Wednesday, November 13, 2013

Reactionary politics is using rhetoric to seek to destroy the Patient Protection and Affordable Care Act as a campaign slogan.

My heart sank (click here) when I got an email late last month from my friend Robert, who has been battling multiple sclerosis for the past decade. He wrote to tell me that he was among the many Americans who in recent weeks received letters from their insurance companies saying that their policies won’t be available next year.

Insurance companies are sending those letters primarily because the policies they will no longer offer don’t provide enough coverage — or have deductibles that are too high — to comply with the Affordable Care Act. In many cases, however, the policyholders getting those letters are simply victims of a business practice insurers have engaged in for years: discontinuing policies because they’re no longer sufficiently profitable....

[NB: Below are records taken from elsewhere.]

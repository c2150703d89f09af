-- ===== src/Static/Populate/Vectors.antt =====
-- The vectors that the transposition fills, and what it leaves in them.
use Prim.Native.Nat.{◌≤◌, ◌<◌}
use mathlib.Core.List.{append-nil, append_assoc}
use satgonetem.Base.{
  ℕ, zero, suc, ◌+◌, ◌≡◌, refl, ap, inl, inr, not, ◌&&◌, Option, none, some, List, [], ◌∷◌, ◌++◌,
  Dict, get, put, keys, get-put, length, length-append, AllDistinct, AllDistinct-keys-put,
  get-none_of_keys, ◌==◌, nat_beq, if◌then◌else◌, Bool-cases, or_else, arith, nat_eq,
}
use satgonetem.Static.Install.{Signature}
use satgonetem.Static.Populate.{
  second_last, add_hop, next_hops_to, no_route, set, or_no_route, transpose_one, transpose_from,
  signature_of,
}

-- The next hop at an index, and the next hop of `src` in the dictionary at an index.
abbrev pub at : Signature → ℕ → Option ℕ
at [] i = none
at (h ∷ hs) zero = h
at (h ∷ hs) (suc i) = at hs i

abbrev pub pick : List (Dict ℕ ℕ) → ℕ → ℕ → Option ℕ
pick [] i src = none
pick (d ∷ ds) zero src = get src d
pick (d ∷ ds) (suc i) src = pick ds i src

length-set : (s : Signature) (i hop : ℕ) → length (set s i hop) ≡ length s
length-set [] i hop = refl
length-set (h ∷ hs) zero hop = refl
length-set (h ∷ hs) (suc i) hop = ap suc (length-set hs i hop)

at-set :
    (s : Signature) (i j hop : ℕ)
    → i < length s
    → at (set s i hop) j ≡ (if nat_beq i j then some hop else at s j)
at-set [] i j hop h = elim h [ ]
at-set (x ∷ s) zero zero hop h = refl
at-set (x ∷ s) zero (suc j) hop h = ground arith
at-set (x ∷ s) (suc i) zero hop h = ground arith
at-set (x ∷ s) (suc i) (suc j) hop h = ground (arith, at-set s i j hop (omega arith))

length-no_route : (n : ℕ) → length (no_route n) ≡ n
length-no_route zero = refl
length-no_route (suc n) = ap suc (length-no_route n)

at-no_route : (n i : ℕ) → at (no_route n) i ≡ none
at-no_route zero i = refl
at-no_route (suc n) zero = refl
at-no_route (suc n) (suc i) = at-no_route n i

pick-snoc :
    (ds : List (Dict ℕ ℕ)) (d : Dict ℕ ℕ) (j src : ℕ)
    → pick (ds ++ d ∷ []) j src ≡ (if nat_beq (length ds) j then get src d else pick ds j src)
pick-snoc [] d zero src = refl
pick-snoc [] d (suc j) src = ground arith
pick-snoc (c ∷ ds) d zero src = ground arith
pick-snoc (c ∷ ds) d (suc j) src = ground (arith, pick-snoc ds d j src)

pick-length : (ds : List (Dict ℕ ℕ)) (src : ℕ) → pick ds (length ds) src ≡ none
pick-length [] src = refl
pick-length (d ∷ ds) src = pick-length ds src

-- The vector of a source in a partly filled map.
abbrev row : ℕ → Dict ℕ Signature → ℕ → Signature
row n by_src src = or_no_route n (get src by_src)

abbrev Sized : ℕ → Dict ℕ Signature → Type 0
Sized n by_src = (src : ℕ) → length (row n by_src src) ≡ n

row-put :
    (n k src : ℕ) (s : Signature) (by_src : Dict ℕ Signature)
    → row n (put k s by_src) src ≡ (if nat_beq k src then s else row n by_src src)
row-put n k src s by_src = ground (arith, get-put k src s by_src)

module _ (n i : ℕ) (in_range : i < n) where
  transpose_put-Sized :
      (k hop : ℕ) (by_src : Dict ℕ Signature)
      → Sized n by_src
      → Sized n (put k (set (row n by_src k) i hop) by_src)
  transpose_put-Sized k hop by_src sized src = ground (
    arith,
    row-put n k src (set (row n by_src k) i hop) by_src,
    length-set (row n by_src k) i hop,
    sized k,
    sized src,
  )

  transpose_one-Sized :
      (hops : Dict ℕ ℕ) (by_src : Dict ℕ Signature)
      → Sized n by_src
      → Sized n (transpose_one n i hops by_src)
  unfolding transpose_one
  transpose_one-Sized [] by_src sized = sized
  transpose_one-Sized ((k, hop) ∷ hops) by_src sized =
      transpose_one-Sized hops (put k (set (row n by_src k) i hop) by_src)
        (transpose_put-Sized k hop by_src sized)

  at-transpose_one :
      (hops : Dict ℕ ℕ) (by_src : Dict ℕ Signature) (src j : ℕ)
      → AllDistinct (keys hops)
      → Sized n by_src
      → at (row n (transpose_one n i hops by_src) src) j ≡ (
          if nat_beq i j
          then or_else (get src hops) (at (row n by_src src) j)
          else at (row n by_src src) j)
  unfolding transpose_one
  at-transpose_one [] by_src src j distinct sized = ground arith
  at-transpose_one ((k, hop) ∷ hops) by_src src j distinct sized = ground (
    arith,
    at-transpose_one hops (put k (set (row n by_src k) i hop) by_src) src j distinct.1
        (transpose_put-Sized k hop by_src sized),
    row-put n k src (set (row n by_src k) i hop) by_src,
    at-set (row n by_src k) i j hop,
    sized k,
    get-none_of_keys k hops distinct.0,
  )

abbrev pub DistinctKeys : List (Dict ℕ ℕ) → Type 0
DistinctKeys [] = Unit
DistinctKeys (d ∷ ds) = AllDistinct (keys d) × DistinctKeys ds

module _ (n : ℕ) where
  -- The vectors made so far hold the next hops of the destinations that are done.
  abbrev Holds : List (Dict ℕ ℕ) → Dict ℕ Signature → Type 0
  Holds done by_src = (src j : ℕ) → at (row n by_src src) j ≡ pick done j src

  transpose_from-Holds :
      (rest done : List (Dict ℕ ℕ)) (by_src : Dict ℕ Signature) (i : ℕ)
      → length done ≡ i
      → i + length rest ≤ n
      → DistinctKeys rest
      → Sized n by_src
      → Holds done by_src
      → Holds (done ++ rest) (transpose_from n i rest by_src)
  unfolding transpose_from
  transpose_from-Holds [] done by_src i len fits distinct sized holds src j =
      rw append-nil (holds src j)
  transpose_from-Holds (d ∷ rest) done by_src i len fits distinct sized holds src j =
      rw (← append_assoc done (d ∷ []) rest) (
        transpose_from-Holds rest (done ++ d ∷ []) (transpose_one n i d by_src) (suc i)
          (omega (arith, length-append done (d ∷ []))) (omega arith) distinct.1
          (transpose_one-Sized n i in_range d by_src sized)
          (λ src j. ground (
            arith,
            at-transpose_one n i in_range d by_src src j distinct.0 sized,
            pick-snoc done d j src,
            holds src j,
            pick-length done src,
            len,
          ))
          src j)
    where
      in_range : i < n
      in_range = omega arith

-- The vector of a source, next hop by next hop.
pub at-signature_of :
    (next_hops : List (Dict ℕ ℕ)) (src j : ℕ)
    → DistinctKeys next_hops
    → at (signature_of next_hops (length next_hops) src) j ≡ pick next_hops j src
unfolding signature_of
at-signature_of next_hops src j distinct =
    transpose_from-Holds (length next_hops) next_hops [] [] 0 refl (omega arith) distinct
      (λ s. length-no_route (length next_hops)) (λ s i. at-no_route (length next_hops) i) src j

-- What `path[-2]` gives for `src` among the paths, if it is another vertex than `dst`.
abbrev pub hop_toward : ℕ → List (ℕ × List ℕ) → ℕ → Option ℕ
hop_toward dst paths src =
    if src == dst then none else elim (get src paths) [ none ↦ none | some p ↦ second_last p ]

get-add_hop :
    (dst v : ℕ) (hop : Option ℕ) (hops : Dict ℕ ℕ) (src : ℕ)
    → get src (add_hop dst v hop hops)
      ≡ (if v == src && not (src == dst) then or_else hop (get src hops) else get src hops)
unfolding add_hop
get-add_hop dst v none hops src = ground arith
get-add_hop dst v (some hop) hops src = ground (arith, get-put v src hop hops)

AllDistinct-add_hop :
    (dst v : ℕ) (hop : Option ℕ) (hops : Dict ℕ ℕ)
    → AllDistinct (keys hops)
    → AllDistinct (keys (add_hop dst v hop hops))
unfolding add_hop
AllDistinct-add_hop dst v none hops distinct = distinct
AllDistinct-add_hop dst v (some hop) hops distinct = elim (Bool-cases (v == dst)) [
  | inl y ↦ rw (y, add_hop) distinct
  | inr n ↦ rw (n, add_hop) (AllDistinct-keys-put v hop hops distinct)
]

pub get-next_hops_to :
    (dst : ℕ) (paths : List (ℕ × List ℕ)) (hops : Dict ℕ ℕ) (src : ℕ)
    → AllDistinct (keys paths)
    → get src (next_hops_to dst paths hops) ≡ or_else (hop_toward dst paths src) (get src hops)
unfolding next_hops_to
get-next_hops_to dst [] hops src distinct = ground arith
get-next_hops_to dst ((v, path) ∷ paths) hops src distinct = ground (
  arith,
  get-next_hops_to dst paths (add_hop dst v (second_last path) hops) src distinct.1,
  get-add_hop dst v (second_last path) hops src,
  get-none_of_keys v paths distinct.0,
)

pub AllDistinct-next_hops_to :
    (dst : ℕ) (paths : List (ℕ × List ℕ)) (hops : Dict ℕ ℕ)
    → AllDistinct (keys hops)
    → AllDistinct (keys (next_hops_to dst paths hops))
unfolding next_hops_to
AllDistinct-next_hops_to dst [] hops distinct = distinct
AllDistinct-next_hops_to dst ((v, path) ∷ paths) hops distinct =
    AllDistinct-next_hops_to dst paths (add_hop dst v (second_last path) hops)
      (AllDistinct-add_hop dst v (second_last path) hops distinct)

...Considering his very serious and costly preexisting condition — his medications alone cost more than $5,000 a month — Robert was nervous as he started looking for a replacement policy. How much more would he have to pay to stay insured?...

...He could barely believe what he heard: he could get better coverage than the policy being discontinued — and pay less — thanks to Obamacare.
“The overall cost of the plans I’m considering is cheaper than the plan I am currently paying for,” he wrote me this week. “My total cost for coverage now, including premiums and out of pocket costs, is about $9,800. Two of the plans I’m seriously considering for next year have total costs of $8,400. I’m shocked, but in a good way.” 

So not only did Robert not experience the sticker shock he had been expecting, he will save $1,400 next year on health insurance.
The plan he is leaning toward — a top-of-the line “platinum” plan — will have a higher monthly premium, but he will still save on average about $117 a month because of the way his out-of-pocket costs will be calculated....

Mr. Potter's friend is an American that can run up against a one million dollar lifetime maximum in the previous health care industry. Now, that has been eliminated. The Patient Protection and Affordable Care Act is proving to own up to it's name for most if not all Americans. The initial reaction is always one of worry and surprise, but, the worry and surprise is never going to match what was occurring in the USA without this law.

Thank you, Wendell. There are people with a conscience that care about this country.